PROMPT: A verbatim reproduction of the lines below, from the line containing "tables, and what" through the line containing "Eq Uuid⦄ where", both ends included, is the whole required output.
################
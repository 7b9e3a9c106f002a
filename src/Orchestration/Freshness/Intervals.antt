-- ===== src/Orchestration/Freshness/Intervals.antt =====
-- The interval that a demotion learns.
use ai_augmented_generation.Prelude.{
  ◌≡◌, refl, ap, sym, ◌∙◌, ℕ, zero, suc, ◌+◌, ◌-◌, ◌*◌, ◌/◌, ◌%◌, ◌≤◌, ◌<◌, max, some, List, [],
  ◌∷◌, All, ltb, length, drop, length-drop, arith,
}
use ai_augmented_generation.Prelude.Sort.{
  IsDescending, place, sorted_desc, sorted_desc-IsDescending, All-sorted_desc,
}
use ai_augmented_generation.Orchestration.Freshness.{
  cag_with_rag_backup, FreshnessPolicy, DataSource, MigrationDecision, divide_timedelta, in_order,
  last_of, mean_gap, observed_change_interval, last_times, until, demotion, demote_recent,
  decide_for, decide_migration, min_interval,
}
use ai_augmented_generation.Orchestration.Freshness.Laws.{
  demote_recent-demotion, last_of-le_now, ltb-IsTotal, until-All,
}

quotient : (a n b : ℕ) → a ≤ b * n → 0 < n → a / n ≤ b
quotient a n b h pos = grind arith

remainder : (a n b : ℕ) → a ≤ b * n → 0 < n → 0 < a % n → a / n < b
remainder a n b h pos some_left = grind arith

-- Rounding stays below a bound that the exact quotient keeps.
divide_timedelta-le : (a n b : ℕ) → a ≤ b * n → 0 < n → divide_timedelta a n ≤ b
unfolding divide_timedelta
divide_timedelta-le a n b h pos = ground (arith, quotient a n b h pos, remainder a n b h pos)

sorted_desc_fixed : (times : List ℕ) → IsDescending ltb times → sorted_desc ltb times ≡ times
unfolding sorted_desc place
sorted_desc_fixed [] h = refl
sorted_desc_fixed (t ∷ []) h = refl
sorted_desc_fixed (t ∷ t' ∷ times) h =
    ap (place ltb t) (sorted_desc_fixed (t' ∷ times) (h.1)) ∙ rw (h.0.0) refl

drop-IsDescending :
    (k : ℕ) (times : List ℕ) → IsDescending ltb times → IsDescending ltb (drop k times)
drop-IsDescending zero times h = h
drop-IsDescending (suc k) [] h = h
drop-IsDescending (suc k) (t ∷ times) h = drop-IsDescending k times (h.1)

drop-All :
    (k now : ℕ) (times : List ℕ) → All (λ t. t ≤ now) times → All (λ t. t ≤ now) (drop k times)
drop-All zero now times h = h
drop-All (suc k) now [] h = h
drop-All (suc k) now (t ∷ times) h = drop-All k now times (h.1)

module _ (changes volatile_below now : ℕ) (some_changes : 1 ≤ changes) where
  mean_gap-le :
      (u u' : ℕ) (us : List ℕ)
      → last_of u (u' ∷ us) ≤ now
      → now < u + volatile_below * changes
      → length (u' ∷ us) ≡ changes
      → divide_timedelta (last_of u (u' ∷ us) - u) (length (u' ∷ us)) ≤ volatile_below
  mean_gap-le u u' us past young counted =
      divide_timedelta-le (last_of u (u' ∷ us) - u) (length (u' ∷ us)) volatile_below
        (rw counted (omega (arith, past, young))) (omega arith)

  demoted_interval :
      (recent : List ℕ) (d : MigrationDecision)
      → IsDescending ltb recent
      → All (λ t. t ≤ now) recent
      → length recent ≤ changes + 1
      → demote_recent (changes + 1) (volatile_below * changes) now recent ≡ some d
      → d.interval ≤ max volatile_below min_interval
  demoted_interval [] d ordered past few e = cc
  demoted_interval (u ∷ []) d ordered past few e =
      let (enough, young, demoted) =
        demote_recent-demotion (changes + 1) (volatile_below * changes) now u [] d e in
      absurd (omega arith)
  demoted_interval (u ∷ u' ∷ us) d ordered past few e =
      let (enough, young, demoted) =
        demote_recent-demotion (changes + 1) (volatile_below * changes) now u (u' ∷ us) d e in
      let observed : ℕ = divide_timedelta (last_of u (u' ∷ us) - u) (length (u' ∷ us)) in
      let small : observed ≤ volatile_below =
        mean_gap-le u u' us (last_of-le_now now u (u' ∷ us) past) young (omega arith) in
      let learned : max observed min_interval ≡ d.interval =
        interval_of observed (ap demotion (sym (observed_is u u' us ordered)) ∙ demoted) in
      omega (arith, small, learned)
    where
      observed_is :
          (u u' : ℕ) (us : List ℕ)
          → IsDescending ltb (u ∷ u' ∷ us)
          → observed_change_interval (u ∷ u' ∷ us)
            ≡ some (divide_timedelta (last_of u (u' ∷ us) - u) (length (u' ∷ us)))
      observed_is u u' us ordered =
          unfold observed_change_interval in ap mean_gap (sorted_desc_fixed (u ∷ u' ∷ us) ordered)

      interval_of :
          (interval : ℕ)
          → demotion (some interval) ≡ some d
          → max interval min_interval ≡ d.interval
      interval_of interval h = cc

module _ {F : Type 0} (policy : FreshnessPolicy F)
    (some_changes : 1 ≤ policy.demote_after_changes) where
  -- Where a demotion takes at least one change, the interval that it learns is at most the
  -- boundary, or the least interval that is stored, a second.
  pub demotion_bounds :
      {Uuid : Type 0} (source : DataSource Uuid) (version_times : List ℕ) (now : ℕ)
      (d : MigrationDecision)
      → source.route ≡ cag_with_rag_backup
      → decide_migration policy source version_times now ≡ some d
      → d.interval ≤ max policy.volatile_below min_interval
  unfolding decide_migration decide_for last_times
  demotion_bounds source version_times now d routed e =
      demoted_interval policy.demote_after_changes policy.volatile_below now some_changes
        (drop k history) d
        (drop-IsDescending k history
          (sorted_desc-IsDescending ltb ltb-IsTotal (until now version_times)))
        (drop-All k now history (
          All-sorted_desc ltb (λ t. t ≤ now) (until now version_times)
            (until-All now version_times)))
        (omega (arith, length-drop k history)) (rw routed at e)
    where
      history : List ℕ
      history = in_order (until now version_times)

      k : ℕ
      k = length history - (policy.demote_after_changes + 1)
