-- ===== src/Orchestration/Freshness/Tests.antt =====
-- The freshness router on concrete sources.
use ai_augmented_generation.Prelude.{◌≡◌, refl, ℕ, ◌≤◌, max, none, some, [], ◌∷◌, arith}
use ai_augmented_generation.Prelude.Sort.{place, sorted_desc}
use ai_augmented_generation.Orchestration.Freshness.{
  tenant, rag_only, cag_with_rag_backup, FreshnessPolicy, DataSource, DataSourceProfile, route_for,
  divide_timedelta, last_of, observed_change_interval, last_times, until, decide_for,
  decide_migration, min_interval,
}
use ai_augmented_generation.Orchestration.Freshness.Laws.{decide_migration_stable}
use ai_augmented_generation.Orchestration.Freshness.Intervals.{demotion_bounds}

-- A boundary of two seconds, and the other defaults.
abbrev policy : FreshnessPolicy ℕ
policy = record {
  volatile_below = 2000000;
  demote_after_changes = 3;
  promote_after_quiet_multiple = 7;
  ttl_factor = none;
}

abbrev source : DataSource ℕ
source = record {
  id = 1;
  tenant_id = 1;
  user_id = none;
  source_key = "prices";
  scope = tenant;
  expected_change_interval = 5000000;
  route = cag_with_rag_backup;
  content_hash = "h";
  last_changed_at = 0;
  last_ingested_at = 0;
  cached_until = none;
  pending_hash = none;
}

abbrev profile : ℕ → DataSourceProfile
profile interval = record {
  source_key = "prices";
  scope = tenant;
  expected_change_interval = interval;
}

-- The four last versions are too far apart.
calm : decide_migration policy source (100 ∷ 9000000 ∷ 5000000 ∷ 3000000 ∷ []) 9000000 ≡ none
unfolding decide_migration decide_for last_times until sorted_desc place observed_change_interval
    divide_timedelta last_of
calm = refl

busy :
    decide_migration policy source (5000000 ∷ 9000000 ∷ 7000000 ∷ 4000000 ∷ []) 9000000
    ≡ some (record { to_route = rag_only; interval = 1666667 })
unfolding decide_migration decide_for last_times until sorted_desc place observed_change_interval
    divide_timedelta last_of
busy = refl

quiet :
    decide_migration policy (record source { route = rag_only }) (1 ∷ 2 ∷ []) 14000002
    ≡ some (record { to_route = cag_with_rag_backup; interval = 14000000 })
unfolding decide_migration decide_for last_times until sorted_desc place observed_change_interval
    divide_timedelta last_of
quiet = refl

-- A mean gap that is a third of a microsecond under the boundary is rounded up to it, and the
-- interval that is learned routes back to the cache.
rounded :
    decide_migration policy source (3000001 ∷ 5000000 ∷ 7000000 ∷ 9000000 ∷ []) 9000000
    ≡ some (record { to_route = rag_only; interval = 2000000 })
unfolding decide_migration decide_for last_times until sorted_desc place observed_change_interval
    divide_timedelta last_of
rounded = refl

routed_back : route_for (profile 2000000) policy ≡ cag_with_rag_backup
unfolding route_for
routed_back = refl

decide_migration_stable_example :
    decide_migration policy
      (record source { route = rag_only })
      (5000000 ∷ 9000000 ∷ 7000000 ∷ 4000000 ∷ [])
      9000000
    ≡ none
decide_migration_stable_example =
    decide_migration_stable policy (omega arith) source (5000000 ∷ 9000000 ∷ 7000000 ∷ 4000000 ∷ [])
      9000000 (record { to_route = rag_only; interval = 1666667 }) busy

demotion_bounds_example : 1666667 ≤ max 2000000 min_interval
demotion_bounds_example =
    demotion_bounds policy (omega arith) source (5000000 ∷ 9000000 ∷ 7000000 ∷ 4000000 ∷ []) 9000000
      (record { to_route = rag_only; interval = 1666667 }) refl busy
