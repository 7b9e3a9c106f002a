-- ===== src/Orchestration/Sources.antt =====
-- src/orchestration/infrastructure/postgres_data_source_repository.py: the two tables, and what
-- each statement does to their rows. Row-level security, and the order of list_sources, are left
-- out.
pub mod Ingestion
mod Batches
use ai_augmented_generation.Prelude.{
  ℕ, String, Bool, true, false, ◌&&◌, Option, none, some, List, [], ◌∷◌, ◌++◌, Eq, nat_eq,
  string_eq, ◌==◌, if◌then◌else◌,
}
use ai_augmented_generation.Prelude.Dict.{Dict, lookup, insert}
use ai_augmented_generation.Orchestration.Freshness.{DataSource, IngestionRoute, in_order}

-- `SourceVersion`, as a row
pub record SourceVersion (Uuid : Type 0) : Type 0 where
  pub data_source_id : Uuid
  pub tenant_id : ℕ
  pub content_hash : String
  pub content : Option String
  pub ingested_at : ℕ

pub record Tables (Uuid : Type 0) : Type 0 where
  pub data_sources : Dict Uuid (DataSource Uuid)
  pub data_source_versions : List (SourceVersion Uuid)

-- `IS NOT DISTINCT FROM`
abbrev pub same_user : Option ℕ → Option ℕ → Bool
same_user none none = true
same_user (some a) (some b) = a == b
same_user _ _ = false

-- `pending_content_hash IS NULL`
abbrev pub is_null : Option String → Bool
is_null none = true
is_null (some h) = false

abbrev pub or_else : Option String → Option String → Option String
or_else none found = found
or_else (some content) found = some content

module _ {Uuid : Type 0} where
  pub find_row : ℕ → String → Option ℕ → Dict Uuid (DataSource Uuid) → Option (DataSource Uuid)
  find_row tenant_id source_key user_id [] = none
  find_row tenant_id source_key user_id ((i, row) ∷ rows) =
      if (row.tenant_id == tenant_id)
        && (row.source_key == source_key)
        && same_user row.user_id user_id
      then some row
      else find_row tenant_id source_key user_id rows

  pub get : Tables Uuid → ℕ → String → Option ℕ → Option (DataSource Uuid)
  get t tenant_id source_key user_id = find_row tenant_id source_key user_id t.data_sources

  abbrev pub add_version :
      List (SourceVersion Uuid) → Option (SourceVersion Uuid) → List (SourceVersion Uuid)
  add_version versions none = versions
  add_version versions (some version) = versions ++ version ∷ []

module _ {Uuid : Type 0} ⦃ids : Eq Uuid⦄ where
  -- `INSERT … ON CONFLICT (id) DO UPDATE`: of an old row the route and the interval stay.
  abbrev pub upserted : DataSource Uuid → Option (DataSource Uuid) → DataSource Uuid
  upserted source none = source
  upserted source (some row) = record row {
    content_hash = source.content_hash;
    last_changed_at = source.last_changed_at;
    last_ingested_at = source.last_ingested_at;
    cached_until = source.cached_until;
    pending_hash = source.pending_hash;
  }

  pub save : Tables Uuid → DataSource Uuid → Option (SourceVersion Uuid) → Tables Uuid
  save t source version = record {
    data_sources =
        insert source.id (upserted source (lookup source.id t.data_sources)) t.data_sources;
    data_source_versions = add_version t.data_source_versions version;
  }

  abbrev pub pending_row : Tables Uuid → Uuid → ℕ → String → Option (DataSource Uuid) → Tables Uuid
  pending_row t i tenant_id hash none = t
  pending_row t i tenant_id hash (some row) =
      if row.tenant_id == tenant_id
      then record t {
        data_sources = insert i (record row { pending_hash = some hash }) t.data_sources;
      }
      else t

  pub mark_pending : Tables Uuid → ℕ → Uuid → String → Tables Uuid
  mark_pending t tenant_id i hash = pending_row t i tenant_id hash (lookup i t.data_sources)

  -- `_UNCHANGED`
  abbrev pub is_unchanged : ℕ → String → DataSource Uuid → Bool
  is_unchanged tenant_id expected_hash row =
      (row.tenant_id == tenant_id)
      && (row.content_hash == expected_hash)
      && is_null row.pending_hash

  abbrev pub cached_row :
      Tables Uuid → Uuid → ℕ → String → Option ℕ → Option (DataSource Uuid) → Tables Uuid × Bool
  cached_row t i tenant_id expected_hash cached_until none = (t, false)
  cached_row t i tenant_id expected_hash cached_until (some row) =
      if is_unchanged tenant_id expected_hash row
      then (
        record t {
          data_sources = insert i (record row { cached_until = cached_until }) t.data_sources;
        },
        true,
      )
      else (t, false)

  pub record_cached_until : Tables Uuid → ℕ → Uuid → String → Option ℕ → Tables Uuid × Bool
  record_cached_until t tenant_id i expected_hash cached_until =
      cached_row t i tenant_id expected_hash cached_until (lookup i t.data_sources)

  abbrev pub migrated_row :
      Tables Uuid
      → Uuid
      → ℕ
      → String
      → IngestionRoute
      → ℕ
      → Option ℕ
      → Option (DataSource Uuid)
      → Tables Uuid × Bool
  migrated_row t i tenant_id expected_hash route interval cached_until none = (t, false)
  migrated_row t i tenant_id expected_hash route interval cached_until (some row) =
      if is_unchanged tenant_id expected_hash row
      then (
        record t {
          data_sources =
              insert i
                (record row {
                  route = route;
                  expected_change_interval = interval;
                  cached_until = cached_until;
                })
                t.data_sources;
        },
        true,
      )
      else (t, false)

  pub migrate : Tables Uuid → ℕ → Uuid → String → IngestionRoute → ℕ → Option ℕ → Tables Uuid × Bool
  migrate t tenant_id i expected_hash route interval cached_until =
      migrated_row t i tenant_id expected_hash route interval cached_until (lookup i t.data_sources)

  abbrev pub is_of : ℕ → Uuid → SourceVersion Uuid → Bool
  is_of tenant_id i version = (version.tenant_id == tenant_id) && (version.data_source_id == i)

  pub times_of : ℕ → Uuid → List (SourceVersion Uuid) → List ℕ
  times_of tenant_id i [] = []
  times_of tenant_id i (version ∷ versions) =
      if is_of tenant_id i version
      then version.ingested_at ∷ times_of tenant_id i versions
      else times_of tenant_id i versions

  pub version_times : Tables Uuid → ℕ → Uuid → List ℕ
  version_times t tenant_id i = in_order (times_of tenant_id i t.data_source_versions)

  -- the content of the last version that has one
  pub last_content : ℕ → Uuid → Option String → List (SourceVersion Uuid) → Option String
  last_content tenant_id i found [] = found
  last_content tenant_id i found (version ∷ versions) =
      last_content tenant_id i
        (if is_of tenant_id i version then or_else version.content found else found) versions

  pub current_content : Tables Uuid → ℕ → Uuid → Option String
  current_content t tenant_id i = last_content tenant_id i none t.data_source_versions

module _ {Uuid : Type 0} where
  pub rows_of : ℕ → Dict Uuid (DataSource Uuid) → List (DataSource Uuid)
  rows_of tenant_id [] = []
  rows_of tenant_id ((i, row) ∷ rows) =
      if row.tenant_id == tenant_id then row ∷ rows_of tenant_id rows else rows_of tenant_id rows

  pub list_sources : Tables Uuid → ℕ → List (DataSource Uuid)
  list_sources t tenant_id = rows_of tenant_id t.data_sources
################
RESPONSE AREA:
-- src/orchestration/infrastructure/postgres_data_source_repository.py: the two tables, and what
-- each statement does to their rows. Row-level security, and the order of list_sources, are left
-- out.
pub mod Ingestion
mod Batches
use ai_augmented_generation.Prelude.{
  ℕ, String, Bool, true, false, ◌&&◌, Option, none, some, List, [], ◌∷◌, ◌++◌, Eq, nat_eq,
  string_eq, ◌==◌, if◌then◌else◌,
}
use ai_augmented_generation.Prelude.Dict.{Dict, lookup, insert}
use ai_augmented_generation.Orchestration.Freshness.{DataSource, IngestionRoute, in_order}

-- `SourceVersion`, as a row
pub record SourceVersion (Uuid : Type 0) : Type 0 where
  pub data_source_id : Uuid
  pub tenant_id : ℕ
  pub content_hash : String
  pub content : Option String
  pub ingested_at : ℕ

pub record Tables (Uuid : Type 0) : Type 0 where
  pub data_sources : Dict Uuid (DataSource Uuid)
  pub data_source_versions : List (SourceVersion Uuid)

-- `IS NOT DISTINCT FROM`
abbrev pub same_user : Option ℕ → Option ℕ → Bool
same_user none none = true
same_user (some a) (some b) = a == b
same_user _ _ = false

-- `pending_content_hash IS NULL`
abbrev pub is_null : Option String → Bool
is_null none = true
is_null (some h) = false

abbrev pub or_else : Option String → Option String → Option String
or_else none found = found
or_else (some content) found = some content

module _ {Uuid : Type 0} where
  pub find_row : ℕ → String → Option ℕ → Dict Uuid (DataSource Uuid) → Option (DataSource Uuid)
  find_row tenant_id source_key user_id [] = none
  find_row tenant_id source_key user_id ((i, row) ∷ rows) =
      if (row.tenant_id == tenant_id)
        && (row.source_key == source_key)
        && same_user row.user_id user_id
      then some row
      else find_row tenant_id source_key user_id rows

  pub get : Tables Uuid → ℕ → String → Option ℕ → Option (DataSource Uuid)
  get t tenant_id source_key user_id = find_row tenant_id source_key user_id t.data_sources

  abbrev pub add_version :
      List (SourceVersion Uuid) → Option (SourceVersion Uuid) → List (SourceVersion Uuid)
  add_version versions none = versions
  add_version versions (some version) = versions ++ version ∷ []

module _ {Uuid : Type 0} ⦃ids : Eq Uuid⦄ where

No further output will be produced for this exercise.